_TASK DIRECTIONS_:
Nothing outside the range is wanted. Repeat exactly the lines below from the one with "apply_new-Has ms ex name s h" through the one with "(λ s3 h3. (ap".

Source records:
=== Begin Enclosure ===

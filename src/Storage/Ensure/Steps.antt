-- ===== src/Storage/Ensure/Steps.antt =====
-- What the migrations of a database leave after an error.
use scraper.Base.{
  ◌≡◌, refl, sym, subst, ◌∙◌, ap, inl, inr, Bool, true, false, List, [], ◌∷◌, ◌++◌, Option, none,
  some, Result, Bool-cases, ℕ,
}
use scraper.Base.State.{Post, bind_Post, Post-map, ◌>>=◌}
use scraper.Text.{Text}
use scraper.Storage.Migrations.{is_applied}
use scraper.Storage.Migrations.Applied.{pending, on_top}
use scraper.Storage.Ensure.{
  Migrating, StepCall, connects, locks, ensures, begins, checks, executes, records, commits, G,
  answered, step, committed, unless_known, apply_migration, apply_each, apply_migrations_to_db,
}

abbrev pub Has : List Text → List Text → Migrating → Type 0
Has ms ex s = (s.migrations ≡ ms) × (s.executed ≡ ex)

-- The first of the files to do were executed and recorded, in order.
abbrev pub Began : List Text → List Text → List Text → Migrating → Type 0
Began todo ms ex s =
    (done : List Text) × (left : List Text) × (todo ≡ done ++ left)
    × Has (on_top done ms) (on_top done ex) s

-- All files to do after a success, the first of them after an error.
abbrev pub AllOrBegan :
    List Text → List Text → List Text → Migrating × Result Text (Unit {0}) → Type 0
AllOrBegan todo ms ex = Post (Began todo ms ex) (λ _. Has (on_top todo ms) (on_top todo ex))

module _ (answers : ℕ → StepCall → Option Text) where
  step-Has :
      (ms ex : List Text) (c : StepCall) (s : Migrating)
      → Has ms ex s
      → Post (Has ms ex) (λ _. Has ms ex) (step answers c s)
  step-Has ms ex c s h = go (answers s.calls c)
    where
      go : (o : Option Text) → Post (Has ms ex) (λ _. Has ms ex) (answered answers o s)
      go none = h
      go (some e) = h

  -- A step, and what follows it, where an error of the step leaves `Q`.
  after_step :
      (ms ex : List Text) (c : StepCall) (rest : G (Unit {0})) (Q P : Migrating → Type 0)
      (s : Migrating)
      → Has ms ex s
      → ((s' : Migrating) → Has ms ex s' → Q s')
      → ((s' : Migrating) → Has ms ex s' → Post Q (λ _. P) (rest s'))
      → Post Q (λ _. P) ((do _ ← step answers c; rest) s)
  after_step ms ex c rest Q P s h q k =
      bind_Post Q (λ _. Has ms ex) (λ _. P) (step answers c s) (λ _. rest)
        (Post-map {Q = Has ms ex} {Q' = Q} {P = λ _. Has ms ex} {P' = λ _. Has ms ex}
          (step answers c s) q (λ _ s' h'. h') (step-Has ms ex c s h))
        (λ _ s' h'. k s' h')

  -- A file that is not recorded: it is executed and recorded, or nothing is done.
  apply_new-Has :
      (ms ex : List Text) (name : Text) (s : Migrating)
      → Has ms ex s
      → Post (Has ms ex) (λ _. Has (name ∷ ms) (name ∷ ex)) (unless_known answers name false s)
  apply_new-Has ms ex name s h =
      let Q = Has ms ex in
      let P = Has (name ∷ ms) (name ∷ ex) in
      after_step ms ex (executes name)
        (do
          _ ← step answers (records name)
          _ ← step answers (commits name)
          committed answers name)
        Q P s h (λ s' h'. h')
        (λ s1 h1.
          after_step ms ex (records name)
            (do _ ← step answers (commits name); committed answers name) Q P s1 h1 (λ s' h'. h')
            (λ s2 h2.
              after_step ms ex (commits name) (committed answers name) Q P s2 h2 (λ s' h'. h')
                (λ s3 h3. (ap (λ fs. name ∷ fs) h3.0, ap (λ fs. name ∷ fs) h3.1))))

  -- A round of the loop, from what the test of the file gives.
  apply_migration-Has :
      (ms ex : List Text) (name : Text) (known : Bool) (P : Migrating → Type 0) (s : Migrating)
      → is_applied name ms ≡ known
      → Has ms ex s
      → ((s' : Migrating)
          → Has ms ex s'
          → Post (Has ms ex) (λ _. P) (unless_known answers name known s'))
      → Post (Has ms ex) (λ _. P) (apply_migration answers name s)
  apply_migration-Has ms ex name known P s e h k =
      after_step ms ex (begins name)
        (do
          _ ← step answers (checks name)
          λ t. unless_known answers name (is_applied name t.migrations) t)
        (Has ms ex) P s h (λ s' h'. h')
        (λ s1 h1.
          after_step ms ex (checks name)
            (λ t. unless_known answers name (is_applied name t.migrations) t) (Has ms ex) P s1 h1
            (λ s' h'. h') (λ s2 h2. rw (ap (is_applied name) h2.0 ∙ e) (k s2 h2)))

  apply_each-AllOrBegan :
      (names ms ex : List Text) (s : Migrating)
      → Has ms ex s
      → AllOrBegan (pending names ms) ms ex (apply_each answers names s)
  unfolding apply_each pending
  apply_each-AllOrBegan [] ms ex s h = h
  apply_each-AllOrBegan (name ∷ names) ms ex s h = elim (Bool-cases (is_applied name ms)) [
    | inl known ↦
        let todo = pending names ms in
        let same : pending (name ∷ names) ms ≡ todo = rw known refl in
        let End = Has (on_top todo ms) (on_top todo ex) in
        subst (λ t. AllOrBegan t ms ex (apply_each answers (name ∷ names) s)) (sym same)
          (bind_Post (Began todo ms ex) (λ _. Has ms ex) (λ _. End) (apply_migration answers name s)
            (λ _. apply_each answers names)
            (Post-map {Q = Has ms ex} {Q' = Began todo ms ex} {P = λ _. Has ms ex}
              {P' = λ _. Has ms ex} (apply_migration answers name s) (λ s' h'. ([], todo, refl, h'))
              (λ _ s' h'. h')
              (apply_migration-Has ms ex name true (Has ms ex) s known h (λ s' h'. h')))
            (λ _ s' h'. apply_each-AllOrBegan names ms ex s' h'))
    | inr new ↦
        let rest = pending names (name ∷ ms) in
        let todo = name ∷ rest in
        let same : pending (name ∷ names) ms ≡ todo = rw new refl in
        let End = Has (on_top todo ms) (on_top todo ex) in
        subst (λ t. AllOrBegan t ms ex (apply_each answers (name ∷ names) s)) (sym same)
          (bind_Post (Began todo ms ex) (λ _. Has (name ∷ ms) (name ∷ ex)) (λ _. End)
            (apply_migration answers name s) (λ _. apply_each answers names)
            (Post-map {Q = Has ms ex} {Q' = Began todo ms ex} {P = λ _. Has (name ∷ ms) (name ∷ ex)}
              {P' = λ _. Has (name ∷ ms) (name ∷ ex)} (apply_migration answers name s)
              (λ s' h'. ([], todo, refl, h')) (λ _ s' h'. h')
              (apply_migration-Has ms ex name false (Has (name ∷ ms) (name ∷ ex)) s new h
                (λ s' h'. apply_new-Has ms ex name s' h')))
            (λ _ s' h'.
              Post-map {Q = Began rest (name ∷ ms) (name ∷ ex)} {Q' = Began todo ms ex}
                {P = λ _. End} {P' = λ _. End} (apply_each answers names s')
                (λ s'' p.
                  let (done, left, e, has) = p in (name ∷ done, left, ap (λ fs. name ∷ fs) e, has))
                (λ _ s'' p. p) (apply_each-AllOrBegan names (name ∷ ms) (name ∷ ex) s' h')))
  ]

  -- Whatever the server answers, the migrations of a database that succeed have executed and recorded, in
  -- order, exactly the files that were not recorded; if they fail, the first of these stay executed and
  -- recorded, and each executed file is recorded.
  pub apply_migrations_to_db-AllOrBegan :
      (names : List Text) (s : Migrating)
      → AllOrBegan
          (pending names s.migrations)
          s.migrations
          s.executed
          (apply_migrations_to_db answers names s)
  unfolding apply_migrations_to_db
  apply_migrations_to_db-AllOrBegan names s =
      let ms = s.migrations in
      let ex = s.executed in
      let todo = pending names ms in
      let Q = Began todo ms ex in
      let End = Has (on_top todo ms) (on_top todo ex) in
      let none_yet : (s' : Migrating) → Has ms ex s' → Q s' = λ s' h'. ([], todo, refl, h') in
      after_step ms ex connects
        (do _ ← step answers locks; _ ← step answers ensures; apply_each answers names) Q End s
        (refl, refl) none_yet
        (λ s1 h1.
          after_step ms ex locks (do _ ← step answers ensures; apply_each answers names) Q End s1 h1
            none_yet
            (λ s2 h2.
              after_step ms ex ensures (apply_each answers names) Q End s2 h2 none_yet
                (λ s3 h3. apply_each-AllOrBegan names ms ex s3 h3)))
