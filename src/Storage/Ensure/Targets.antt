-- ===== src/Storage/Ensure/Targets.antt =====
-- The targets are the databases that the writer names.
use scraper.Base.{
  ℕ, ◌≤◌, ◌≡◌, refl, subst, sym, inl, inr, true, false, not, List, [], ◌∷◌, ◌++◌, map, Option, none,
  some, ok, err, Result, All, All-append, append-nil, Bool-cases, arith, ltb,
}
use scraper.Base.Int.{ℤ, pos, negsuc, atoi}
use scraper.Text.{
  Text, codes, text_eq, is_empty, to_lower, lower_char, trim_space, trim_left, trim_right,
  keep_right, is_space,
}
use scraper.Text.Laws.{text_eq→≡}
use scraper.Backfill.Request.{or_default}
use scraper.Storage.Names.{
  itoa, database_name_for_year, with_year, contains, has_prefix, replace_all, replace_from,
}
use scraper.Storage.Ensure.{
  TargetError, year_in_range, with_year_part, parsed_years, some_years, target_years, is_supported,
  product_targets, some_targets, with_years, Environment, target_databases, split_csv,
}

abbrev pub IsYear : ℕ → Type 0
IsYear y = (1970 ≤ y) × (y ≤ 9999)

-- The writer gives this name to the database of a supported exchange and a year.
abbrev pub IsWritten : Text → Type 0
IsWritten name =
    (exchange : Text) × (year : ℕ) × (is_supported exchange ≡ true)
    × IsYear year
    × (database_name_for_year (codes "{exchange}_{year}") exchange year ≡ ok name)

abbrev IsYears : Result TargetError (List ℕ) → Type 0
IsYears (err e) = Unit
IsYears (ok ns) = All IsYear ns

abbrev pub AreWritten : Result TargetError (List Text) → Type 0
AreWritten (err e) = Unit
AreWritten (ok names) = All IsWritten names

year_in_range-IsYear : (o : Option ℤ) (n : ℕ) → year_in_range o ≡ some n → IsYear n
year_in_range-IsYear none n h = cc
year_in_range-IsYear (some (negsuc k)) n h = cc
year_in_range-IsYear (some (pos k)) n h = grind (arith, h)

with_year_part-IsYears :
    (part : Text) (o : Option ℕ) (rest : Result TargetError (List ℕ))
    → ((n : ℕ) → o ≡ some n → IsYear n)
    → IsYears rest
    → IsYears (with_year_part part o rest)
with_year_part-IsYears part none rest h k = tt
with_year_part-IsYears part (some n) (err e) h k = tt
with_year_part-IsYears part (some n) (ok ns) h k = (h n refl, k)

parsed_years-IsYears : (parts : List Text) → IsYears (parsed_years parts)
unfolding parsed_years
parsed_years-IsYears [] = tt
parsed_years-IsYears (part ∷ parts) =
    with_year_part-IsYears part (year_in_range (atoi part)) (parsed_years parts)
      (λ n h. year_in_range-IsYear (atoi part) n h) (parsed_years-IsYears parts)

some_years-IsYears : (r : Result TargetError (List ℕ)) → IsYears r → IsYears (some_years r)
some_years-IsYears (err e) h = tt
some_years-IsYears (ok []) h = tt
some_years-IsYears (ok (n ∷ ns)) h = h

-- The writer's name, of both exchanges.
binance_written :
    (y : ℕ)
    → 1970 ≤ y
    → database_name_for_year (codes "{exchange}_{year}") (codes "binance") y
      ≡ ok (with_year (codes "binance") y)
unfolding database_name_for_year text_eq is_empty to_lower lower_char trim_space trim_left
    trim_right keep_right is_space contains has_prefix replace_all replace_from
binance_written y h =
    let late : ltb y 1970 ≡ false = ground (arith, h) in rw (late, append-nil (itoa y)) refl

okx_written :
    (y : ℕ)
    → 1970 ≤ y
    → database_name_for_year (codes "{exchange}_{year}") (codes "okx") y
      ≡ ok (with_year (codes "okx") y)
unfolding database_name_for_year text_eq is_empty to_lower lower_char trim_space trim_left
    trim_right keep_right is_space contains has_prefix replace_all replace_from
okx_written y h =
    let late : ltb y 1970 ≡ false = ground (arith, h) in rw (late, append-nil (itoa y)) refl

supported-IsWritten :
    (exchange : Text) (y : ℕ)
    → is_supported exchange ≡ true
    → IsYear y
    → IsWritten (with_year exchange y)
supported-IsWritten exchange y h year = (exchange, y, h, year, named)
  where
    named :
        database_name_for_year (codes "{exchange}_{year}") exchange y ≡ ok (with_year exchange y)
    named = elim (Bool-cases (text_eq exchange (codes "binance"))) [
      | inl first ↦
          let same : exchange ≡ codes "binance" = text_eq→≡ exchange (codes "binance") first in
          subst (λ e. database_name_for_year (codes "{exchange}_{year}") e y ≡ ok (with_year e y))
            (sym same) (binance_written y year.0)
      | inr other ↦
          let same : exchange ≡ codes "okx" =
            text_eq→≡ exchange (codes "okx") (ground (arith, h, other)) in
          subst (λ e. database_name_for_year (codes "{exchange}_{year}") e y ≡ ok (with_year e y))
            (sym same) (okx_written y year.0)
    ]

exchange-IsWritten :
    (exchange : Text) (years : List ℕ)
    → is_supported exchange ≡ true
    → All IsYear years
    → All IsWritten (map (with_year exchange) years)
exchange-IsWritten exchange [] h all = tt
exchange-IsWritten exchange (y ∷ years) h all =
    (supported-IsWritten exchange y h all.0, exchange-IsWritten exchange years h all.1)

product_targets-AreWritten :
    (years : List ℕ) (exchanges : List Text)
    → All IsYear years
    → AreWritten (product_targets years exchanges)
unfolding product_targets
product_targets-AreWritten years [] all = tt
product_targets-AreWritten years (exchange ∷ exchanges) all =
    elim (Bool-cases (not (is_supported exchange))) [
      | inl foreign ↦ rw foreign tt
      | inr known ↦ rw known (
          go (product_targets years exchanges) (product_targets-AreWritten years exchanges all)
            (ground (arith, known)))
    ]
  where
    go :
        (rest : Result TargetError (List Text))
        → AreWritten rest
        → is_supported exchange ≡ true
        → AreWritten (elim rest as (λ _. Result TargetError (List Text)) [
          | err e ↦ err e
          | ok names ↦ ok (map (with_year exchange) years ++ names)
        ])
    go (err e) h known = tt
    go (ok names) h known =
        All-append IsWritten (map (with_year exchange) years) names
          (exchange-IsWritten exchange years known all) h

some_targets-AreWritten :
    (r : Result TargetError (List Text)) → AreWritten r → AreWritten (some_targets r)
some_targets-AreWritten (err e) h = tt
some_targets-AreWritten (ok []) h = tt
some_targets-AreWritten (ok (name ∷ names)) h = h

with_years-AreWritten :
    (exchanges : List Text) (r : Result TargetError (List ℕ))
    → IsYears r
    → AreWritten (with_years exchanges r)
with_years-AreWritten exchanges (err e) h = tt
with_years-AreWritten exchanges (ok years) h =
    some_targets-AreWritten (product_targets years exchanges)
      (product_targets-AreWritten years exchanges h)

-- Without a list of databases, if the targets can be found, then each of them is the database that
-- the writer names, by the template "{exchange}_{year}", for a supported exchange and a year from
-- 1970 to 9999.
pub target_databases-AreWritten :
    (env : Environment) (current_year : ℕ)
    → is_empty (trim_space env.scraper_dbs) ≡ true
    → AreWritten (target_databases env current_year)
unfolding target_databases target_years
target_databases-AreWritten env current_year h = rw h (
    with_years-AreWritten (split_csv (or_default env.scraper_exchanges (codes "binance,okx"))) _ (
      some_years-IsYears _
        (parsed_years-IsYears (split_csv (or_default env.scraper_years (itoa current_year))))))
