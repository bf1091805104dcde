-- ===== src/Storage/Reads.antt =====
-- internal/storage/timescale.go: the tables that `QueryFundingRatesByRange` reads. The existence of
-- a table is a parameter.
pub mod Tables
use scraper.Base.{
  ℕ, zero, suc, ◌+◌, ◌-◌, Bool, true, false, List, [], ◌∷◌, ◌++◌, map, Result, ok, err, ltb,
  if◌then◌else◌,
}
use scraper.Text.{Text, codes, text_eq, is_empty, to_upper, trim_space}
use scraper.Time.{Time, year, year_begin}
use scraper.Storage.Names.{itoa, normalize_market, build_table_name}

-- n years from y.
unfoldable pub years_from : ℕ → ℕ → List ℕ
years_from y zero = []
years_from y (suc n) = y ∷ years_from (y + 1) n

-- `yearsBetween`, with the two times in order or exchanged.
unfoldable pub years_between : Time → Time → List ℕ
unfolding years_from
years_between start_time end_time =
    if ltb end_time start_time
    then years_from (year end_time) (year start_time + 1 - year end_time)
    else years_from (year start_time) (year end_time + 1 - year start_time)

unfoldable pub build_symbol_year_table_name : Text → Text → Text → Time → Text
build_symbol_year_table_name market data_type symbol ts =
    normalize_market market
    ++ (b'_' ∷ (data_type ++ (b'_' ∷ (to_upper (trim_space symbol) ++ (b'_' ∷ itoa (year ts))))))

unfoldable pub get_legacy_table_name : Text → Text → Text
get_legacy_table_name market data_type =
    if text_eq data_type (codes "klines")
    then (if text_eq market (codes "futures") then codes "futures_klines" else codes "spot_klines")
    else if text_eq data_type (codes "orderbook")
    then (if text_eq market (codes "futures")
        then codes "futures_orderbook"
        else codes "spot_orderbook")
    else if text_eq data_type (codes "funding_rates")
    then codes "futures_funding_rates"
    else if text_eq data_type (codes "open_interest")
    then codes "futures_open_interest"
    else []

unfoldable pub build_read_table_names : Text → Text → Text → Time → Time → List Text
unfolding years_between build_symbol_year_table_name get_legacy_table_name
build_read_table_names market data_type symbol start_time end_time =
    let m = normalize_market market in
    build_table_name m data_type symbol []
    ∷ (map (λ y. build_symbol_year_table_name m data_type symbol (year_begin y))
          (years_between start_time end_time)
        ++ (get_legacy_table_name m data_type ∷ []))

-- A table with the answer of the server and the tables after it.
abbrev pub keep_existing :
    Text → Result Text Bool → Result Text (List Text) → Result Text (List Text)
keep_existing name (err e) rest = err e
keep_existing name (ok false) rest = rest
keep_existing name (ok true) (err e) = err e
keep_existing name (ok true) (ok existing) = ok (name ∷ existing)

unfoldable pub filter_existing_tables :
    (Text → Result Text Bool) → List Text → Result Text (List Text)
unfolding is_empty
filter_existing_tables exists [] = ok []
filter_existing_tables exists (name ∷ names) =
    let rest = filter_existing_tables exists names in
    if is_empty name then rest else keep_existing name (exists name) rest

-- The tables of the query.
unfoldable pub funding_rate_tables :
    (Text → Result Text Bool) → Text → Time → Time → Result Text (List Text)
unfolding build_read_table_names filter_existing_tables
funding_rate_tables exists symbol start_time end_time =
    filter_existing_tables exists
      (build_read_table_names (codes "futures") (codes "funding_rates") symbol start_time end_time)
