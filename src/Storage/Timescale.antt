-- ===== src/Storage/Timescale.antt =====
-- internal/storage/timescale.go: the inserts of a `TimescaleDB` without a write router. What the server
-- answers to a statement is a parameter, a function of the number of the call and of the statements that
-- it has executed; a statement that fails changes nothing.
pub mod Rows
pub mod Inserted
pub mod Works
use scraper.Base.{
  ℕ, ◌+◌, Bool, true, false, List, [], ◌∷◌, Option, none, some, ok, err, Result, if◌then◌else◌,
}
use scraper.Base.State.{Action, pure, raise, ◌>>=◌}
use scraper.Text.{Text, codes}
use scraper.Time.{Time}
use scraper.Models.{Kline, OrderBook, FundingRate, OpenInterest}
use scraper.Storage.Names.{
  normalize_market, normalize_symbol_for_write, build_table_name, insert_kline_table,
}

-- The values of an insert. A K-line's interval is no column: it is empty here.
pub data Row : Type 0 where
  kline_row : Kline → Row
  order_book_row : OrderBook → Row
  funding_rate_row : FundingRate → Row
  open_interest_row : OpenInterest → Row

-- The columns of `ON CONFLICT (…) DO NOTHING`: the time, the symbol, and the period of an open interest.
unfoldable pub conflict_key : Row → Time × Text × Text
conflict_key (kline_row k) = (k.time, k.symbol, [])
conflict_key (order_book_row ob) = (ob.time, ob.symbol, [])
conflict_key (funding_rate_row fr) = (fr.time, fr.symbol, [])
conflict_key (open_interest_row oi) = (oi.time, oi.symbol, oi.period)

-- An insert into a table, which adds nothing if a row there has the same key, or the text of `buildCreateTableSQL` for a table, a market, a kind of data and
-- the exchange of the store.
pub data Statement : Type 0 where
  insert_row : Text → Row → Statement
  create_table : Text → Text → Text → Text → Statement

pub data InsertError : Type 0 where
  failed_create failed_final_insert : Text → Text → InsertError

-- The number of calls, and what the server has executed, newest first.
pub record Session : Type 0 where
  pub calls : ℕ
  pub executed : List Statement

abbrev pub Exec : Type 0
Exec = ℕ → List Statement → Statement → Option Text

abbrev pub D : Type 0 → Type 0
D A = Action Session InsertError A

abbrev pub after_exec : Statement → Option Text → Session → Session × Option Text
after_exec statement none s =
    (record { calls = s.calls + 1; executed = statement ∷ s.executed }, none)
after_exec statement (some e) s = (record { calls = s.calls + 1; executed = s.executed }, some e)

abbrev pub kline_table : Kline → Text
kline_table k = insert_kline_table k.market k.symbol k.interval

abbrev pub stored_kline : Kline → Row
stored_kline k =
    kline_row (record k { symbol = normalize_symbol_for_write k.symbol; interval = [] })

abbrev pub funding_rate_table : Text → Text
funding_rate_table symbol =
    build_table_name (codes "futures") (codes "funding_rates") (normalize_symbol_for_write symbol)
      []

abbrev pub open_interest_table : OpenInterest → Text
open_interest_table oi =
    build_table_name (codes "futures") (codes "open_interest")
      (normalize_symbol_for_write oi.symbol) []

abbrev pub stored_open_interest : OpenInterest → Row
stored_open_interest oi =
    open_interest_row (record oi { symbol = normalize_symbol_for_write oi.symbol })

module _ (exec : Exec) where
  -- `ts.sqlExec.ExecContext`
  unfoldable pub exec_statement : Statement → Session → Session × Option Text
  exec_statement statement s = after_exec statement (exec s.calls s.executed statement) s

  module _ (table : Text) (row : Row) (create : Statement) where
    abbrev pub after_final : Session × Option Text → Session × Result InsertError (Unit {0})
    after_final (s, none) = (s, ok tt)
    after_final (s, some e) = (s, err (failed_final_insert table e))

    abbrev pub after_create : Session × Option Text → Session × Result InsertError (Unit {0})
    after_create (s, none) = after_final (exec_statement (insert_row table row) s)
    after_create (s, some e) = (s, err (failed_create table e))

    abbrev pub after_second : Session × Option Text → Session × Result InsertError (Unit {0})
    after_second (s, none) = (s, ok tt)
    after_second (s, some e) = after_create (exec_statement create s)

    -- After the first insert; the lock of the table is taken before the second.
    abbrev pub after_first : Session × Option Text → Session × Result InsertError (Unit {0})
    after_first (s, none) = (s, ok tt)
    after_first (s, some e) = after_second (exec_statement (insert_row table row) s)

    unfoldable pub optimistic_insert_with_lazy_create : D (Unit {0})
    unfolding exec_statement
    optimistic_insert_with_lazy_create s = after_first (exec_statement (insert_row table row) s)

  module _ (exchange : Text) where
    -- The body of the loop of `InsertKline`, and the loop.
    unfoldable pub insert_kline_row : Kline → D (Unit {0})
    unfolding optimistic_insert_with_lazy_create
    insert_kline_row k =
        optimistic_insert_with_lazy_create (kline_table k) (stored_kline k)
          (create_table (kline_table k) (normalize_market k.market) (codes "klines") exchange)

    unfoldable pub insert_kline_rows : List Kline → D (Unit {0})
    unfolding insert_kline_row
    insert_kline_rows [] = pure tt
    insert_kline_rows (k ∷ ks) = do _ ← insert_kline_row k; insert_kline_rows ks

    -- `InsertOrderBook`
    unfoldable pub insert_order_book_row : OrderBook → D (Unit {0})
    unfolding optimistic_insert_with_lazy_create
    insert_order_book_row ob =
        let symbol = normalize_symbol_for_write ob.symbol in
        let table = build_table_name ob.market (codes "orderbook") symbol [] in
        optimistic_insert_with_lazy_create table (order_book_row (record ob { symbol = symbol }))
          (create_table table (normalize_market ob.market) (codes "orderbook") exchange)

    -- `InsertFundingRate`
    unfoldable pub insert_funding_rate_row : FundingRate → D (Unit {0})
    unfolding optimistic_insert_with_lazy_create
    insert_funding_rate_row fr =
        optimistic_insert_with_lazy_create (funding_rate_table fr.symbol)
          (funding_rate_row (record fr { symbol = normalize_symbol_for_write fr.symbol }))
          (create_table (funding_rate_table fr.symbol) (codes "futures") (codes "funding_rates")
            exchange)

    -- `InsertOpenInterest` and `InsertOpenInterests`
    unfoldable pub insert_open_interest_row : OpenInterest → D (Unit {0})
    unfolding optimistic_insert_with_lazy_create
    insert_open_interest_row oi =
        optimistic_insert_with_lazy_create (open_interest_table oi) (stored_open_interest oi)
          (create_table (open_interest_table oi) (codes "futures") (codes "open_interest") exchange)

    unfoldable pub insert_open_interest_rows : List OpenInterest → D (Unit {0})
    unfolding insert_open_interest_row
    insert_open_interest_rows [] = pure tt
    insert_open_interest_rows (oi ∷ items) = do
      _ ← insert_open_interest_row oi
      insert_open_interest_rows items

=== End Enclosure ===

_COMPLETED TASK_:
  apply_new-Has ms ex name s h =
      let Q = Has ms ex in
      let P = Has (name ∷ ms) (name ∷ ex) in
      after_step ms ex (executes name)
        (do
          _ ← step answers (records name)
          _ ← step answers (commits name)
          committed answers name)
        Q P s h (λ s' h'. h')
        (λ s1 h1.
          after_step ms ex (records name)
            (do _ ← step answers (commits name); committed answers name) Q P s1 h1 (λ s' h'. h')
            (λ s2 h2.
              after_step ms ex (commits name) (committed answers name) Q P s2 h2 (λ s' h'. h')
                (λ s3 h3. (ap (λ fs. name ∷ fs) h3.0, ap (λ fs. name ∷ fs) h3.1))))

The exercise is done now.